Swarms unlock capabilities beyond what single agents can achieve:

<CardGroup cols={2}>
  <Card title="Specialization" icon="graduation-cap">
    Each agent can be optimized for a specific task or domain
  </Card>

  <Card title="Parallel Processing" icon="gauge-high">
    Multiple agents can work simultaneously for faster execution
  </Card>

  <Card title="Diverse Perspectives" icon="eye">
    Different agents provide varied viewpoints and approaches
  </Card>

  <Card title="Scalability" icon="up-right-and-down-left-from-center">
    Add more agents as complexity grows
  </Card>

  <Card title="Fault Tolerance" icon="shield">
    If one agent fails, others can continue
  </Card>

  <Card title="Quality Improvement" icon="star">
    Agents can review and refine each other's work
  </Card>
</CardGroup>

## Swarm Architectures

Swarms provides multiple pre-built architectures for different collaboration patterns:

### Sequential Workflow

**Pattern**: Agents execute tasks in a linear chain, where each agent builds upon the previous agent's output.

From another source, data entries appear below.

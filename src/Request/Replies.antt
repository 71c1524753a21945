-- ===== src/Request/Replies.antt =====
-- The replies of the operations that `Request::dispatch` of src/request.rs hands to the file
-- system.
mod Calls
use fuse_rs.Base.{
  ℕ, ◌≡◌, refl, ◌∙◌, ◌⊎◌, inl, inr, ℤ, Bool, true, false, List, [], ◌∷◌, Option, none, some,
  if◌then◌else◌, ◌==◌, length, not, arith,
}
use fuse_rs.Base.{append-nil}
use fuse_rs.Platform.{Libc}
use fuse_rs.Effect.{ChannelSender, Outcome, done, panicked, pure, ◌>>=◌}
use fuse_rs.Ll.Request.{unique}
use fuse_rs.Ll.Operation.{
  Operation, lookup, forget, get_attr, set_attr, read_link, sym_link, mk_nod, mk_dir, unlink,
  rm_dir, rename, link, «open», read, write, stat_fs, release, fsync, set_xattr, get_xattr,
  list_xattr, remove_xattr, flush, init, open_dir, read_dir, release_dir, fsync_dir, get_lk, set_lk,
  set_lk_w, access, create, interrupt, bmap, destroy,
}
use fuse_rs.Reply.Raw.{ReplyRaw, new}
use fuse_rs.Reply.Raw.Laws.{packet}
use fuse_rs.Reply.Types.{ReplyEmpty, reply_empty}
use fuse_rs.Reply.Directory
use fuse_rs.Reply.Directory.{ReplyDirectory, DirEntry}
use fuse_rs.Reply.Typed.Laws.{
  AnswersOnce, error-AnswersOnce, empty-AnswersOnce, with_data-AnswersOnce, entry-AnswersOnce,
  attr-AnswersOnce, created-AnswersOnce, opened-AnswersOnce, written-AnswersOnce,
  statfs-AnswersOnce, locked-AnswersOnce, bmap-AnswersOnce, size-AnswersOnce,
}
use fuse_rs.Filesystem.{
  Filesystem, Answer, DirAnswer, XattrAnswer, EntryAnswer, AttrAnswer, OpenAnswer, StatfsAnswer,
  CreateAnswer, LockAnswer, SetAttr, give_empty, give_data, give_entry, give_attr, give_open,
  give_write, give_statfs, give_create, give_lock, give_bmap, give_xattr,
}
use fuse_rs.Session.{Session}
use fuse_rs.Request.{Request}
use fuse_rs.Request.Args.{set_attr_args}
use fuse_rs.Request.Dispatch.{
  Dispatched, reply_error, call, call_dir, handle_set_attr, handle_mounted,
}
use fuse_rs.Filesystem.Settled.{Settled, perform-Settled, perform_dir-Settled}
pub use Calls.{
  Replied, Handled, Handled-Replied, Settled-Handled, give_xattr-AnswersOnce, answered-Handled,
  IsHandled, IsReplied, reply_error-Handled, call-Handled, call_dir-Handled, empty-Handled,
  data-Handled, entry-Handled, attr-Handled, open-Handled, write-Handled, statfs-Handled,
  create-Handled, lock-Handled, bmap-Handled, xattr-Handled,
}

abbrev pub is_none : Option SetAttr → Bool
is_none none = true
is_none (some a) = false

-- The operations whose arguments make `dispatch` panic before it calls the file system.
abbrev pub fatal : Operation → Bool
fatal (set_attr arg) = is_none (set_attr_args arg)
fatal (write arg value) = not (length value == arg.size)
fatal (set_xattr arg name value) = not (length value == arg.size)
fatal _ = false

module _ (c : Libc) {S : Type 0} (fs : Filesystem S) (q : Request) (se : Session S) where
  set_attr-Handled :
      (a : Option SetAttr) → is_none a ≡ false → IsHandled c fs q se (handle_set_attr c fs q se a)
  unfolding handle_set_attr
  set_attr-Handled none h = absurd (ground arith)
  set_attr-Handled (some a) h = attr-Handled c fs q se _

  asserted-Handled :
      (b : Bool) (o : Dispatched S)
      → IsHandled c fs q se o
      → not b ≡ false
      → IsHandled c fs q se (if b then o else panicked [])
  asserted-Handled true o h e = h
  asserted-Handled false o h e = absurd (ground arith)

  -- All operations but FORGET are answered.
  abbrev pub WantsReply : Operation → Type 0
  WantsReply (forget arg) = ⊥
  WantsReply _ = Unit {0}

  -- INIT and DESTROY are handled before.
  abbrev pub IsMounted : Operation → Type 0
  IsMounted (init arg) = ⊥
  IsMounted destroy = ⊥
  IsMounted _ = Unit {0}

  pub handle_mounted-Handled :
      (op : Operation)
      → WantsReply op
      → IsMounted op
      → fatal op ≡ false
      → IsHandled c fs q se (handle_mounted c fs q se op)
  unfolding handle_mounted
  handle_mounted-Handled (lookup name) w m safe = entry-Handled c fs q se _
  handle_mounted-Handled (forget arg) w m safe = absurd w
  handle_mounted-Handled get_attr w m safe = attr-Handled c fs q se _
  handle_mounted-Handled (set_attr arg) w m safe = set_attr-Handled (set_attr_args arg) safe
  handle_mounted-Handled read_link w m safe = data-Handled c fs q se _
  handle_mounted-Handled (sym_link name target) w m safe = entry-Handled c fs q se _
  handle_mounted-Handled (mk_nod arg name) w m safe = entry-Handled c fs q se _
  handle_mounted-Handled (mk_dir arg name) w m safe = entry-Handled c fs q se _
  handle_mounted-Handled (unlink name) w m safe = empty-Handled c fs q se _
  handle_mounted-Handled (rm_dir name) w m safe = empty-Handled c fs q se _
  handle_mounted-Handled (rename arg name newname) w m safe = empty-Handled c fs q se _
  handle_mounted-Handled (link arg name) w m safe = entry-Handled c fs q se _
  handle_mounted-Handled («open» arg) w m safe = open-Handled c fs q se _
  handle_mounted-Handled (read arg) w m safe = data-Handled c fs q se _
  handle_mounted-Handled (write arg value) w m safe =
      asserted-Handled (length value == arg.size) _ (write-Handled c fs q se _) safe
  handle_mounted-Handled stat_fs w m safe = statfs-Handled c fs q se _
  handle_mounted-Handled (release arg) w m safe = empty-Handled c fs q se _
  handle_mounted-Handled (fsync arg) w m safe = empty-Handled c fs q se _
  handle_mounted-Handled (set_xattr arg name value) w m safe =
      asserted-Handled (length value == arg.size) _ (empty-Handled c fs q se _) safe
  handle_mounted-Handled (get_xattr arg name) w m safe = xattr-Handled c fs q se _
  handle_mounted-Handled (list_xattr arg) w m safe = xattr-Handled c fs q se _
  handle_mounted-Handled (remove_xattr name) w m safe = empty-Handled c fs q se _
  handle_mounted-Handled (flush arg) w m safe = empty-Handled c fs q se _
  handle_mounted-Handled (init arg) w m safe = absurd m
  handle_mounted-Handled (open_dir arg) w m safe = open-Handled c fs q se _
  handle_mounted-Handled (read_dir arg) w m safe = call_dir-Handled c fs q se arg.size _
  handle_mounted-Handled (release_dir arg) w m safe = empty-Handled c fs q se _
  handle_mounted-Handled (fsync_dir arg) w m safe = empty-Handled c fs q se _
  handle_mounted-Handled (get_lk arg) w m safe = lock-Handled c fs q se _
  handle_mounted-Handled (set_lk arg) w m safe = empty-Handled c fs q se _
  handle_mounted-Handled (set_lk_w arg) w m safe = empty-Handled c fs q se _
  handle_mounted-Handled (access arg) w m safe = empty-Handled c fs q se _
  handle_mounted-Handled (create arg name) w m safe = create-Handled c fs q se _
  handle_mounted-Handled (interrupt arg) w m safe =
      reply_error-Handled c fs q se ReplyEmpty c.enosys
  handle_mounted-Handled (bmap arg) w m safe = bmap-Handled c fs q se _
  handle_mounted-Handled destroy w m safe = absurd m

  set_attr_fatal :
      (a : Option SetAttr) → is_none a ≡ true → handle_set_attr c fs q se a ≡ panicked []
  unfolding handle_set_attr
  set_attr_fatal none h = refl
  set_attr_fatal (some a) h = absurd (ground arith)

  asserted_fatal :
      (b : Bool) (o : Dispatched S) → not b ≡ true → (if b then o else panicked []) ≡ panicked []
  asserted_fatal true o h = absurd (ground arith)
  asserted_fatal false o h = refl

  pub handle_mounted-fatal :
      (op : Operation) → fatal op ≡ true → handle_mounted c fs q se op ≡ panicked []
  unfolding handle_mounted
  handle_mounted-fatal (set_attr arg) h = set_attr_fatal (set_attr_args arg) h
  handle_mounted-fatal (write arg value) h = asserted_fatal (length value == arg.size) _ h
  handle_mounted-fatal (set_xattr arg name value) h = asserted_fatal (length value == arg.size) _ h
  handle_mounted-fatal op h = absurd (ground arith)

**Best For**: Step-by-step processes, data transformation pipelines, content creation workflows

```python theme={null}
from swarms import Agent, SequentialWorkflow

# Create specialized agents
researcher = Agent(
    agent_name="Researcher",
    system_prompt="Research topics and gather comprehensive information.",
    model_name="gpt-5.4",
)

writer = Agent(
    agent_name="Writer",
    system_prompt="Transform research into engaging, well-structured content.",
    model_name="gpt-5.4",
)

editor = Agent(
    agent_name="Editor",
    system_prompt="Review and polish content for clarity and correctness.",
    model_name="gpt-5.4",
)

# Create sequential workflow: Researcher -> Writer -> Editor
workflow = SequentialWorkflow(agents=[researcher, writer, editor])

# Execute the workflow
final_article = workflow.run("Write an article about quantum computing")
print(final_article)
```

**Flow Visualization**:

```
Researcher → Writer → Editor → Final Output
```

### Concurrent Workflow

**Pattern**: All agents receive the same task and execute simultaneously, providing diverse perspectives.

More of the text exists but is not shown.